Stop after the line that contains "from_le [] = 0"; until then, restate each line of the entries word for word from the very first.

----- Source data -----

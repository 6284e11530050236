-- ===== src/Protocol/Bytes.antt =====
-- Integers as bytes, for the `memcpy`, `htons`, `htonl` and `htonll` of src/protocol/message.cpp. The
-- order of the bytes of the host, `std::endian::native`, is the argument `little`. A signed integer
-- is held as its two's complement.
pub mod Order
use silent_tanks.Base.{
  ℕ, zero, suc, ◌+◌, ◌*◌, ◌/◌, ◌%◌, ◌<◌, Bool, if◌then◌else◌, Option, some, none, List, [], ◌∷◌,
  reverse, ◌>>=◌, ◌++◌,
}
use mathlib.Core.Option

abbrev pub Bytes : Type 0
Bytes = List ℕ

abbrev pub AllBytes : Bytes → Type 0
AllBytes [] = Unit
AllBytes (b ∷ bs) = (b < 256) × AllBytes bs

-- How many values `w` bytes have.
abbrev pub capacity : ℕ → ℕ
capacity zero = 1
capacity (suc w) = 256 * capacity w

-- The `w` bytes of a value, the least significant first.
unfoldable pub to_le : ℕ → ℕ → Bytes
to_le zero v = []
to_le (suc w) v = v % 256 ∷ to_le w (v / 256)

unfoldable pub from_le : Bytes → ℕ
from_le [] = 0
from_le (b ∷ bs) = b + 256 * from_le bs

-- The most significant first, as on the wire.
unfoldable pub to_be : ℕ → ℕ → Bytes
unfolding to_le
to_be w v = reverse (to_le w v)

unfoldable pub from_be : Bytes → ℕ
unfolding from_le
from_be bs = from_le (reverse bs)

-- An integer in memory, and what memory holds as an integer.
unfoldable pub host_bytes : Bool → ℕ → ℕ → Bytes
unfolding to_be
host_bytes little w v = if little then to_le w v else to_be w v

unfoldable pub host_value : Bool → Bytes → ℕ
unfolding from_be
host_value little bs = if little then from_le bs else from_be bs

-- `htons`, `htonl` and `htonll`, which are also their inverses.
unfoldable pub hton : Bool → ℕ → ℕ → ℕ
unfolding to_le from_be
hton little w v = if little then from_be (to_le w v) else v

-- The bytes that are inserted for an integer, and the integer that is copied out of them.
unfoldable pub put_net : Bool → ℕ → ℕ → Bytes
unfolding host_bytes hton
put_net little w v = host_bytes little w (hton little w v)

unfoldable pub get_net : Bool → ℕ → Bytes → ℕ
unfolding host_value hton
get_net little w bs = hton little w (host_value little bs)

-- The first `n` of the bytes that are left, and the rest; `none` if there are fewer.
unfoldable pub split : ℕ → Bytes → Option (Bytes × Bytes)
split zero bs = some ([], bs)
split (suc n) [] = none
split (suc n) (b ∷ bs) = split n bs >>= λ (xs, rest). some (b ∷ xs, rest)

unfoldable pub next_byte : Bytes → Option (ℕ × Bytes)
next_byte [] = none
next_byte (b ∷ bs) = some (b, bs)

-- An integer of `w` bytes.
unfoldable pub next_net : Bool → ℕ → Bytes → Option (ℕ × Bytes)
unfolding split get_net
next_net little w bs = split w bs >>= λ (xs, rest). some (get_net little w xs, rest)

-- A loop that reads `count` elements, one after another.
unfoldable pub next_many {ℓ} :
    {A : Type ℓ} → (Bytes → Option (A × Bytes)) → ℕ → Bytes → Option (List A × Bytes)
next_many next zero rest = some ([], rest)
next_many next (suc count) rest = do
  (x, r1) ← next rest
  (xs, r2) ← next_many next count r1
  some (x ∷ xs, r2)

-- The elements of a list, one after another.
unfoldable pub concat_map {ℓ} : {A : Type ℓ} → (A → Bytes) → List A → Bytes
concat_map f [] = []
concat_map f (x ∷ xs) = f x ++ concat_map f xs

abbrev pub Each {ℓ} : {A : Type ℓ} → (A → Type 0) → List A → Type 0
Each P [] = Unit
Each P (x ∷ xs) = P x × Each P xs
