-- ===== src/Matchmaking/Ranked/Nodes.antt =====
-- The nodes of a bucket (src/server/match-strategy.cpp, `elo_buckets_`).
use silent_tanks.Base.{
  ℕ, ◌+◌, ◌==◌, ◌≡◌, Bool, true, false, if◌then◌else◌, some, List, [], ◌∷◌, ◌++◌, length, refl, ap,
  arith, inl, inr, Bool-cases, ==_iff, ==_refl, subst, some_inj, Option-cases,
}
use silent_tanks.Protocol.Bytes.{Each}
use silent_tanks.Matchmaking.Ranked.{QueueEntry, erase_node}

abbrev pub FreeOf : ℕ → List QueueEntry → Type 0
FreeOf k = Each (λ e. (e.node == k) ≡ false)

abbrev pub DistinctNodes : List QueueEntry → Type 0
DistinctNodes [] = Unit
DistinctNodes (e ∷ es) = FreeOf e.node es × DistinctNodes es

-- Whether the node `k` is in the bucket, for the user.
unfoldable pub has_entry : ℕ → ℕ → List QueueEntry → Bool
has_entry u k [] = false
has_entry u k (e ∷ es) = if e.node == k then e.session.user_id == u else has_entry u k es

pub Each-map :
    (P R : QueueEntry → Type 0) (es : List QueueEntry)
    → ((e : QueueEntry) → P e → R e)
    → Each P es
    → Each R es
Each-map P R [] f a = tt
Each-map P R (e ∷ es) f a = (f e a.0, Each-map P R es f a.1)

pub Each-zip :
    (P Q R : QueueEntry → Type 0) (es : List QueueEntry)
    → ((e : QueueEntry) → P e → Q e → R e)
    → Each P es
    → Each Q es
    → Each R es
Each-zip P Q R [] f a b = tt
Each-zip P Q R (e ∷ es) f a b = (f e a.0 b.0, Each-zip P Q R es f a.1 b.1)

pub Each-append :
    (P : QueueEntry → Type 0) (es : List QueueEntry) (e : QueueEntry)
    → Each P es
    → P e
    → Each P (es ++ e ∷ [])
Each-append P [] e a b = (b, tt)
Each-append P (x ∷ es) e a b = (a.0, Each-append P es e a.1 b)

pub has_entry-user :
    (u v k : ℕ) (es : List QueueEntry) → has_entry u k es ≡ true → has_entry v k es ≡ true → u ≡ v
unfolding has_entry
has_entry-user u v k [] a b = cc
has_entry-user u v k (e ∷ es) a b = elim (Bool-cases (e.node == k)) [
  | inl here ↦ ground (arith, rw here at a, rw here at b)
  | inr later ↦ has_entry-user u v k es (rw later at a) (rw later at b)
]

-- What the removal of a node leaves.
pub record Erased (k : ℕ) (es left : List QueueEntry) : Type 0 where
  pub free : FreeOf k left
  pub shorter : length es ≡ length left + 1
  pub others : (u i : ℕ) → (i == k) ≡ false → has_entry u i left ≡ has_entry u i es

pub erase_node-finds :
    (u k : ℕ) (es : List QueueEntry)
    → has_entry u k es ≡ true
    → DistinctNodes es
    → (left : List QueueEntry) × (erase_node k es ≡ some left) × Erased k es left
unfolding has_entry erase_node
erase_node-finds u k [] has d = cc
erase_node-finds u k (e ∷ es) has d = elim (Bool-cases (e.node == k)) [
  | inl here ↦
      let same : e.node ≡ k = (==_iff e.node k).0 here in
      (
        es,
        rw here refl,
        record {
          free = subst (λ n. FreeOf n es) same d.0;
          shorter = omega arith;
          others = λ u' i other. ground (arith, same, other);
        },
      )
  | inr later ↦
      let (left, found, erased) = erase_node-finds u k es (rw later at has) d.1 in
      (
        e ∷ left,
        rw (later, found) refl,
        record {
          free = (later, erased.free);
          shorter = omega (arith, erased.shorter);
          others = λ u' i other.
              ap (λ b. if e.node == i then e.session.user_id == u' else b)
                (erased.others u' i other);
        },
      )
]

pub erase_node-Each :
    (P : QueueEntry → Type 0) (k : ℕ) (es left : List QueueEntry)
    → erase_node k es ≡ some left
    → Each P es
    → Each P left
unfolding erase_node
erase_node-Each P k [] left found a = cc
erase_node-Each P k (e ∷ es) left found a = elim (Bool-cases (e.node == k)) [
  | inl here ↦ subst (Each P) (some_inj (rw here at found)) a.1
  | inr later ↦ elim (Option-cases (erase_node k es)) [
    | inl absent ↦ let bad = rw (later, absent) at found in cc
    | inr (rest, kept) ↦
        subst (Each P) (some_inj (rw (later, kept) at found))
          (a.0, erase_node-Each P k es rest kept a.1)
  ]
]

pub erase_node-DistinctNodes :
    (k : ℕ) (es left : List QueueEntry)
    → erase_node k es ≡ some left
    → DistinctNodes es
    → DistinctNodes left
unfolding erase_node
erase_node-DistinctNodes k [] left found d = cc
erase_node-DistinctNodes k (e ∷ es) left found d = elim (Bool-cases (e.node == k)) [
  | inl here ↦ subst DistinctNodes (some_inj (rw here at found)) d.1
  | inr later ↦ elim (Option-cases (erase_node k es)) [
    | inl absent ↦ let bad = rw (later, absent) at found in cc
    | inr (rest, kept) ↦ subst DistinctNodes (some_inj (rw (later, kept) at found)) (
      erase_node-Each (λ x. (x.node == e.node) ≡ false) k es rest kept d.0,
      erase_node-DistinctNodes k es rest kept d.1,
    )
  ]
]

pub DistinctNodes-append :
    (es : List QueueEntry) (e : QueueEntry)
    → DistinctNodes es
    → FreeOf e.node es
    → DistinctNodes (es ++ e ∷ [])
DistinctNodes-append [] e d free = (tt, tt)
DistinctNodes-append (x ∷ es) e d free = (
  Each-append (λ y. (y.node == x.node) ≡ false) es e d.0 (ground (arith, free.0)),
  DistinctNodes-append es e d.1 free.1,
)

pub has_entry-append :
    (u k : ℕ) (es : List QueueEntry) (e : QueueEntry)
    → has_entry u k es ≡ true
    → has_entry u k (es ++ e ∷ []) ≡ true
unfolding has_entry
has_entry-append u k [] e has = cc
has_entry-append u k (x ∷ es) e has = elim (Bool-cases (x.node == k)) [
  | inl here ↦ rw here (rw here at has)
  | inr later ↦ rw later (has_entry-append u k es e (rw later at has))
]

pub has_entry-last :
    (es : List QueueEntry) (e : QueueEntry)
    → FreeOf e.node es
    → has_entry e.session.user_id e.node (es ++ e ∷ []) ≡ true
unfolding has_entry
has_entry-last [] e free = rw (==_refl e.node, ==_refl e.session.user_id) refl
has_entry-last (x ∷ es) e free = rw free.0 (has_entry-last es e free.1)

-----

Response
repository 6284e11530050236
-- ===== src/Protocol/Bytes.antt =====
-- Integers as bytes, for the `memcpy`, `htons`, `htonl` and `htonll` of src/protocol/message.cpp. The
-- order of the bytes of the host, `std::endian::native`, is the argument `little`. A signed integer
-- is held as its two's complement.
pub mod Order
use silent_tanks.Base.{
  ℕ, zero, suc, ◌+◌, ◌*◌, ◌/◌, ◌%◌, ◌<◌, Bool, if◌then◌else◌, Option, some, none, List, [], ◌∷◌,
  reverse, ◌>>=◌, ◌++◌,
}
use mathlib.Core.Option

abbrev pub Bytes : Type 0
Bytes = List ℕ

abbrev pub AllBytes : Bytes → Type 0
AllBytes [] = Unit
AllBytes (b ∷ bs) = (b < 256) × AllBytes bs

-- How many values `w` bytes have.
abbrev pub capacity : ℕ → ℕ
capacity zero = 1
capacity (suc w) = 256 * capacity w

-- The `w` bytes of a value, the least significant first.
unfoldable pub to_le : ℕ → ℕ → Bytes
to_le zero v = []
to_le (suc w) v = v % 256 ∷ to_le w (v / 256)

unfoldable pub from_le : Bytes → ℕ
from_le [] = 0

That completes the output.